Al Vecchione, executive producer of the predecessor to the PBS NewsHour, died Wednesday of lung cancer at his home in suburban Washington, D.C. He was 86.
Vecchione joined The MacNeil/Lehrer Report, anchored by Robert MacNeil and Jim Lehrer, in 1976, according to NewsHour. He rose to president of MacNeil/Lehrer Productions in 1983.
That year, “Al oversaw the launch of MacNeil/Lehrer Productions and The MacNeil/Lehrer NewsHour,” said Annette Miller, VP of NewsHour Productions. “It wasn’t an easy task to convince people, in public broadcasting and outside, that an hour-long, nightly newscast was a good idea.”
As president of MacNeil/Lehrer Productions, Vecchione “provided the editorial staff with the freedom to concentrate on the mission of the program, while he watched over its funding,” Miller said. “Al was totally committed to the MacNeil/Lehrer mission and a terrific proselytizer for the program. He convinced many a corporate executive that the NewsHour was a worthy investment and some of the biggest corporations in America signed on for lengthy underwriting commitments.”
Before retiring in 1996, Vecchione worked on several MacNeil/Lehrer Productions documentaries, including The Story of English, a nine-hour series on PBS in 1986, according to the Washington Post.
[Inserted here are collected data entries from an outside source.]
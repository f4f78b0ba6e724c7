-- ===== src/Validation/Accepts.antt =====
-- What validateRuleSet (src/domain/validation.cpp) accepts, as a description of rule sets.
use upfpolicyengine.Common.{◌≤◌, ◌≡◌, ◌≢◌, ◌↔◌, [], arith, length, All, AllPairs}
use upfpolicyengine.Types.{Interface_Eq, CapacityLimits, success}
use upfpolicyengine.Rules.{RuleSet, Pdr_HasId, Far_HasId, Qer_HasId, Urr_HasId}
use upfpolicyengine.Validation.Identifiers.{HasUniqueIds, unique_ids_lem}
use upfpolicyengine.Validation.Pdrs.{IsValidPdr, IsDisjoint, validate_pdrs-All}
use upfpolicyengine.Validation.{validate_rule_set}

-- A rule set that can be installed: named and numbered, within capacity, with unique identifiers,
-- valid PDRs, and no two PDRs of one precedence whose match spaces overlap.
pub record IsAccepted (rules : RuleSet) (limits : CapacityLimits) : Type 0 where
  pub named : rules.session_id ≢ []
  pub numbered : rules.version ≢ 0
  pub pdr_capacity : length rules.pdrs ≤ limits.rules_per_type
  pub far_capacity : length rules.fars ≤ limits.rules_per_type
  pub qer_capacity : length rules.qers ≤ limits.rules_per_type
  pub urr_capacity : length rules.urrs ≤ limits.rules_per_type
  pub pdr_ids : HasUniqueIds rules.pdrs
  pub far_ids : HasUniqueIds rules.fars
  pub qer_ids : HasUniqueIds rules.qers
  pub urr_ids : HasUniqueIds rules.urrs
  pub pdrs : All (IsValidPdr rules) rules.pdrs
  pub disjoint : AllPairs IsDisjoint rules.pdrs

success-IsAccepted :
    (rules : RuleSet) (limits : CapacityLimits)
    → validate_rule_set rules limits ≡ success tt
    → IsAccepted rules limits
unfolding validate_rule_set
success-IsAccepted rules limits h =
    let pdrs = (validate_pdrs-All rules rules.pdrs).0 (ground (arith, h)) in
    record {
      named = ground arith;
      numbered = ground arith;
      pdr_capacity = ground arith;
      far_capacity = ground arith;
      qer_capacity = ground arith;
      urr_capacity = ground arith;
      pdr_ids = (unique_ids_lem rules.pdrs).0 (ground arith);
      far_ids = (unique_ids_lem rules.fars).0 (ground arith);
      qer_ids = (unique_ids_lem rules.qers).0 (ground arith);
      urr_ids = (unique_ids_lem rules.urrs).0 (ground arith);
      pdrs = pdrs.0;
      disjoint = pdrs.1;
    }

success_of_accepted :
    (rules : RuleSet) (limits : CapacityLimits)
    → IsAccepted rules limits
    → validate_rule_set rules limits ≡ success tt
unfolding validate_rule_set
success_of_accepted rules limits a = ground (
  arith,
  a.named,
  a.numbered,
  a.pdr_capacity,
  a.far_capacity,
  a.qer_capacity,
  a.urr_capacity,
  (unique_ids_lem rules.pdrs).1 a.pdr_ids,
  (unique_ids_lem rules.fars).1 a.far_ids,
  (unique_ids_lem rules.qers).1 a.qer_ids,
  (unique_ids_lem rules.urrs).1 a.urr_ids,
  (validate_pdrs-All rules rules.pdrs).1 (a.pdrs, a.disjoint),
)

-- Validation succeeds for exactly the rule sets of that description.
pub validate_rule_set-IsAccepted :
    (rules : RuleSet) (limits : CapacityLimits)
    → (validate_rule_set rules limits ≡ success tt) ↔ IsAccepted rules limits
validate_rule_set-IsAccepted rules limits =
    (success-IsAccepted rules limits, success_of_accepted rules limits)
In 1973 Vecchione was GM of the National Public Affairs Center for Television, a production center that carried gavel-to-gavel coverage of the Senate Watergate hearings. MacNeil and Lehrer were the lead correspondents; their later partnership grew out of that work.
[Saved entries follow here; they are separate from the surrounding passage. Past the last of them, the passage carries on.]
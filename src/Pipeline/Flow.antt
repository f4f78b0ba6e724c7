-- ===== src/Pipeline/Flow.antt =====
-- Reasoning about the parts of `PacketPipeline::process`: what a part guarantees however it ends.
use upfpolicyengine.Common.{◌≡◌, refl, Bool, true, false, Option, none, some, if◌then◌else◌}
use upfpolicyengine.Pipeline.State.{Pipeline, Flow, go, exit, fault, ◌>>=◌, dereference}
use upfpolicyengine.Decision.{PacketDecision}

-- The value of a part that goes on has `P`, what a part returns has `E`, and no part faults.
abbrev pub Ensures {ℓ} :
    {A : Type ℓ} → (A → Type 0) → (Pipeline → PacketDecision → Type 0) → Flow A → Type 0
Ensures P E (go a) = P a
Ensures P E (exit p d) = E p d
Ensures P E fault = ⊥

pub >>=-Ensures {ℓ κ} :
    {A : Type ℓ} {B : Type κ} (P : A → Type 0) (Q : B → Type 0)
    (E : Pipeline → PacketDecision → Type 0) (m : Flow A) (f : A → Flow B)
    → Ensures P E m
    → ((a : A) → P a → Ensures Q E (f a))
    → Ensures Q E (m >>= f)
>>=-Ensures P Q E (go a) f h k = k a h
>>=-Ensures P Q E (exit p d) f h k = h
>>=-Ensures P Q E fault f h k = absurd h

pub if-Ensures {ℓ} :
    {A : Type ℓ} (P : A → Type 0) (E : Pipeline → PacketDecision → Type 0) (b : Bool)
    (m m' : Flow A)
    → (b ≡ true → Ensures P E m)
    → (b ≡ false → Ensures P E m')
    → Ensures P E (if b then m else m')
if-Ensures P E true m m' h h' = h refl
if-Ensures P E false m m' h h' = h' refl

-- What a part guarantees when it does not fault: its value has `P`, or what it returns has `E`.
module _ (E : Pipeline → PacketDecision → Type 0) where
  abbrev pub Keeps {ℓ} : {A : Type ℓ} → (A → Type 0) → Flow A → Type 0
  Keeps P (go a) = P a
  Keeps P (exit p d) = E p d
  Keeps P fault = Unit

  pub >>=-Keeps {ℓ κ} :
      {A : Type ℓ} {B : Type κ} (P : A → Type 0) (Q : B → Type 0) (m : Flow A) (f : A → Flow B)
      → Keeps P m
      → ((a : A) → P a → Keeps Q (f a))
      → Keeps Q (m >>= f)
  >>=-Keeps P Q (go a) f h k = k a h
  >>=-Keeps P Q (exit p d) f h k = h
  >>=-Keeps P Q fault f h k = tt

  pub if-Keeps {ℓ} :
      {A : Type ℓ} (P : A → Type 0) (b : Bool) (m m' : Flow A)
      → (b ≡ true → Keeps P m)
      → (b ≡ false → Keeps P m')
      → Keeps P (if b then m else m')
  if-Keeps P true m m' h h' = h refl
  if-Keeps P false m m' h h' = h' refl

  pub option-Keeps {ℓ κ} :
      {A : Type ℓ} {B : Type κ} (P : B → Type 0) (o : Option A) (m : Flow B) (f : A → Flow B)
      → Keeps P m
      → ((a : A) → o ≡ some a → Keeps P (f a))
      → Keeps P (elim o [ none ↦ m | some a ↦ f a ])
  option-Keeps P none m f h k = h
  option-Keeps P (some a) m f h k = k a refl

  pub dereference-Keeps {ℓ} : {A : Type ℓ} (o : Option A) → Keeps (λ a. Unit {0}) (dereference o)
  dereference-Keeps none = tt
  dereference-Keeps (some a) = tt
The center’s coverage of the Watergate hearings aired on PBS stations and repeated during prime time, “allowing an estimated 85 percent of U.S. households to watch some portion of the proceedings,” the Times noted.
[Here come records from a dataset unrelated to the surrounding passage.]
-- ===== src/Pipeline/Identity.antt =====
-- Whose decision `PacketPipeline::process` makes: what names the run, the packet, the time, the
-- interface and the rule set is set at its head and stays through all of its parts.
use upfpolicyengine.Common.{
  ℕ, ◌≡◌, refl, sym, ap, ◌∙◌, inl, inr, not, ◌&&◌, ◌||◌, Option, none, some, leb, ltb, length,
  Bool-cases, some_inj, ◌==◌, [],
}
use upfpolicyengine.Common.Dict.{index}
use upfpolicyengine.Common.Text.{Text, text_Eq}
use upfpolicyengine.Types.{RuleId, Interface, Interface_Eq, is_drop}
use upfpolicyengine.Address.{Inet}
use upfpolicyengine.Packet.{Packet}
use upfpolicyengine.Rules.{Pdr, Far, Qer, RuleSet, find_far, find_qer, find_urr}
use upfpolicyengine.Decision.{PacketDecision}
use upfpolicyengine.RuntimeState.{TokenBucketState, default_bucket, default_counter}
use upfpolicyengine.Qer.{QerEvaluation, evaluate_qer}
use upfpolicyengine.Far.{FarEvaluation, evaluate_far}
use upfpolicyengine.Urr.{UrrEvaluation, evaluate_urr}
use upfpolicyengine.Pipeline.State.{
  Pipeline, retain, valid_packet, Flow, go, exit, fault, dereference,
}
use upfpolicyengine.Pipeline.Select.{scan}
use upfpolicyengine.Pipeline.Process.{
  admit, select, settle_qer, apply_qer, apply_far, settle_urr, apply_urr, sink_of, commit,
  apply_winner, process_flow, process, finish, initial_decision,
}
use upfpolicyengine.Pipeline.Flow.{Keeps, >>=-Keeps, if-Keeps, option-Keeps, dereference-Keeps}

pub record Identity : Type 0 where
  pub run_id : Text
  pub scenario_id : Text
  pub packet_id : Text
  pub session_id : Text
  pub arrival_time_micros : ℕ
  pub ingress : Interface
  pub ruleset_version : ℕ

abbrev pub identity : PacketDecision → Identity
identity d = record {
  run_id = d.run_id;
  scenario_id = d.scenario_id;
  packet_id = d.packet_id;
  session_id = d.session_id;
  arrival_time_micros = d.arrival_time_micros;
  ingress = d.ingress;
  ruleset_version = d.ruleset_version;
}

retain-identity : (p : Pipeline) (d : PacketDecision) → identity (retain p d).1 ≡ identity d
unfolding retain
retain-identity p d = elim (Bool-cases (ltb (length p.events) p.limits.events)) [
  | inl e ↦ rw (e, retain) refl
  | inr e ↦ rw (e, retain) refl
]

module _ (i : Identity) where
  abbrev Of : Pipeline → PacketDecision → Type 0
  Of p d = identity d ≡ i

  retained : (p : Pipeline) (d : PacketDecision) → identity d ≡ i → identity (retain p d).1 ≡ i
  retained p d h = retain-identity p d ∙ h

  abbrev Second {ℓ} : {A : Type ℓ} → Pipeline × PacketDecision × A → Type 0
  Second r = identity r.1 ≡ i

  admit-Of :
      (p : Pipeline) (packet : Packet) (d : PacketDecision)
      → identity d ≡ i
      → Keeps Of (λ rules. Unit {0}) (admit p packet d)
  unfolding admit
  admit-Of p packet d h =
      if-Keeps Of (λ rules. Unit {0}) (leb p.limits.results (length p.decisions)) _ _ (λ full. h)
        λ room.
          option-Keeps Of (λ rules. Unit {0}) p.rules _ _ (retained p _ h)
            λ rules e.
              if-Keeps Of (λ r. Unit {0})
                (not (valid_packet packet) || not (packet.session_id == rules.session_id)) _ _
                (λ refused. retained p _ h) (λ fits. tt)

  select-Of :
      (inet : Inet) (p : Pipeline) (rules : RuleSet) (packet : Packet) (d : PacketDecision)
      → identity d ≡ i
      → Keeps Of (λ r. identity r.1 ≡ i) (select inet p rules packet d)
  unfolding select
  select-Of inet p rules packet d h =
      option-Keeps Of (λ r. identity r.1 ≡ i) (scan inet packet rules.pdrs [] none).1 _ _
        (retained p _ h) (λ pdr e. h)

  settle_qer-Of :
      (p : Pipeline) (d : PacketDecision) (id : RuleId) (qer : Qer) (e : QerEvaluation)
      → identity d ≡ i
      → Keeps Of Second (settle_qer p d id qer e)
  unfolding settle_qer
  settle_qer-Of p d id qer e h =
      if-Keeps Of Second e.decision.allowed _ _ (λ ok. h) (λ refused. retained _ _ h)

  apply_qer-Of :
      (p : Pipeline) (rules : RuleSet) (packet : Packet) (winner : Pdr) (d : PacketDecision)
      → identity d ≡ i
      → Keeps Of Second (apply_qer p rules packet winner d)
  unfolding apply_qer
  apply_qer-Of p rules packet winner d h = option-Keeps Of Second winner.qer_id _ _ h λ id e.
      >>=-Keeps Of (λ a. Unit {0}) Second (dereference (find_qer rules id)) _
        (dereference-Keeps Of (find_qer rules id))
        λ qer u.
          let (bucket, buckets) = index qer.id.value default_bucket p.runtime.qers in
          settle_qer-Of (record p { runtime = record p.runtime { qers = buckets } }) d id qer
            (evaluate_qer qer bucket packet.payload_bytes packet.arrival_time_micros) h

  apply_far-Of :
      (p : Pipeline) (rules : RuleSet) (packet : Packet) (winner : Pdr) (d : PacketDecision)
      → identity d ≡ i
      → Keeps Of (λ r. identity r.2 ≡ i) (apply_far p rules packet winner d)
  unfolding apply_far
  apply_far-Of p rules packet winner d h =
      >>=-Keeps Of (λ a. Unit {0}) (λ r. identity r.2 ≡ i)
        (dereference (find_far rules winner.far_id)) _
        (dereference-Keeps Of (find_far rules winner.far_id))
        λ far u.
          if-Keeps Of (λ r. identity r.2 ≡ i) (not (evaluate_far far packet).valid) _ _
            (λ refused. retained p _ h) (λ ok. h)

  settle_urr-Of :
      (p : Pipeline) (d : PacketDecision) (id : RuleId) (usage : UrrEvaluation)
      → identity d ≡ i
      → Keeps Of Second (settle_urr p d id usage)
  unfolding settle_urr
  settle_urr-Of p d id usage h =
      if-Keeps Of Second usage.overflow _ _ (λ over. retained p _ h)
        λ counted.
          if-Keeps Of Second (usage.report_generated && leb p.limits.reports (length p.reports)) _ _
            (λ full. retained p _ h) (λ fits. h)

  apply_urr-Of :
      (p : Pipeline) (rules : RuleSet) (packet : Packet) (winner : Pdr) (d : PacketDecision)
      → identity d ≡ i
      → Keeps Of Second (apply_urr p rules packet winner d)
  unfolding apply_urr
  apply_urr-Of p rules packet winner d h = option-Keeps Of Second winner.urr_id _ _ h λ id e.
      >>=-Keeps Of (λ a. Unit {0}) Second (dereference (find_urr rules id)) _
        (dereference-Keeps Of (find_urr rules id))
        λ urr u.
          let (counter, counters) = index urr.id.value default_counter p.runtime.urrs in
          settle_urr-Of (record p { runtime = record p.runtime { urrs = counters } }) d id
            (evaluate_urr urr counter packet.payload_bytes rules.session_id rules.version) h

  commit-Of :
      (p : Pipeline) (d : PacketDecision) (far : Far) (e : FarEvaluation)
      (bucket : Option (ℕ × TokenBucketState)) (usage : Option (ℕ × UrrEvaluation))
      → identity d ≡ i
      → identity (commit p d far e bucket usage).1 ≡ i
  unfolding commit
  commit-Of p d far e bucket usage h =
      elim (Bool-cases
        (e.forwarded && leb p.limits.sink_packets (length (sink_of p e.destination)))) [
          | inl full ↦ rw (full, commit) (retained _ _ h)
          | inr room ↦ elim (Bool-cases (is_drop far.action)) [
            | inl dropped ↦ rw (room, dropped, commit) (retained _ _ h)
            | inr forwarded ↦ rw (room, forwarded, commit) (retained _ _ h)
          ]
        ]

  process_flow-Of :
      (inet : Inet) (p : Pipeline) (packet : Packet) (d : PacketDecision)
      → identity d ≡ i
      → Keeps Of (λ r. identity r.1 ≡ i) (process_flow inet p packet d)
  unfolding process_flow apply_winner
  process_flow-Of inet p packet d h =
      >>=-Keeps Of (λ r. Unit {0}) (λ r. identity r.1 ≡ i) _ _ (admit-Of p packet d h)
        λ rules u.
          >>=-Keeps Of (λ r. identity r.1 ≡ i) (λ r. identity r.1 ≡ i) _ _
            (select-Of inet p rules packet d h)
            λ (winner, d1) h1.
              >>=-Keeps Of Second (λ r. identity r.1 ≡ i) _ _
                (apply_qer-Of p rules packet winner d1 h1)
                λ (p2, d2, bucket) h2.
                  >>=-Keeps Of (λ r. identity r.2 ≡ i) (λ r. identity r.1 ≡ i) _ _
                    (apply_far-Of p2 rules packet winner d2 h2)
                    λ (far, e, d3) h3.
                      >>=-Keeps Of Second (λ r. identity r.1 ≡ i) _ _
                        (apply_urr-Of p2 rules packet winner d3 h3)
                        λ (p4, d4, usage) h4. commit-Of p4 d4 far e bucket usage h4

finish-Of :
    (i : Identity) (m : Flow (Pipeline × PacketDecision)) {q : Pipeline} {d : PacketDecision}
    → Keeps (Of i) (λ r. identity r.1 ≡ i) m
    → finish m ≡ some (q, d)
    → identity d ≡ i
finish-Of i (go r) h e = ap (λ r. identity r.1) (sym (some_inj e)) ∙ h
finish-Of i (exit p d) h e = ap (λ r. identity r.1) (sym (some_inj e)) ∙ h
finish-Of i fault h e = cc e

-- The decision of a packet names the run and the scenario it was asked for, the packet with its
-- session, its arrival time and its interface, and the version of the installed rules.
pub process-identity :
    (inet : Inet) (p q : Pipeline) (packet : Packet) (run_id scenario_id : Text)
    (d : PacketDecision)
    → process inet p packet run_id scenario_id ≡ some (q, d)
    → identity d ≡ identity (initial_decision p packet run_id scenario_id)
unfolding process
process-identity inet p q packet run_id scenario_id d e =
    finish-Of (identity (initial_decision p packet run_id scenario_id))
      (process_flow inet p packet (initial_decision p packet run_id scenario_id))
      (process_flow-Of (identity (initial_decision p packet run_id scenario_id)) inet p packet
        (initial_decision p packet run_id scenario_id) refl)
      e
In 1976 Vecchione left the center to serve as a television consultant to Democratic presidential nominee Jimmy Carter.
Vecchione was born Jan. 27, 1931, in Queens, N.Y. He began his career in NBC’s Rockefeller Center mailroom. He worked his way up to manager of NBC’s East Coast producers before joining NPACT.
Survivors include his wife, Elizabeth, of Bethesda, Md.; four children, Thomas Vecchione, Linda Mason, Julie Vecchione DeSimone and Allan Vecchione; two brothers; one sister; eight grandchildren; and a great-granddaughter.